Task instructions: For each line below, write it out exactly as it appears.

Supplied records:
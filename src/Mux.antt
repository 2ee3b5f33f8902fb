-- ===== src/Mux.antt =====
-- mux/mux.go: requests and responses over one link, with the table of the requests in flight.
mod Steps
mod Invariant
mod Sound
mod Correlation
mod Stop
mod Leaving
mod Reuse
mod Keys
mod Runs
pub use Steps.*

Output below:
filename src/Mux.antt
repository 2ee3b5f33f8902fb
-- ===== src/Mux.antt =====
-- mux/mux.go: requests and responses over one link, with the table of the requests in flight.
mod Steps
mod Invariant
mod Sound
mod Correlation
mod Stop
mod Leaving
mod Reuse
mod Keys
mod Runs
pub use Steps.*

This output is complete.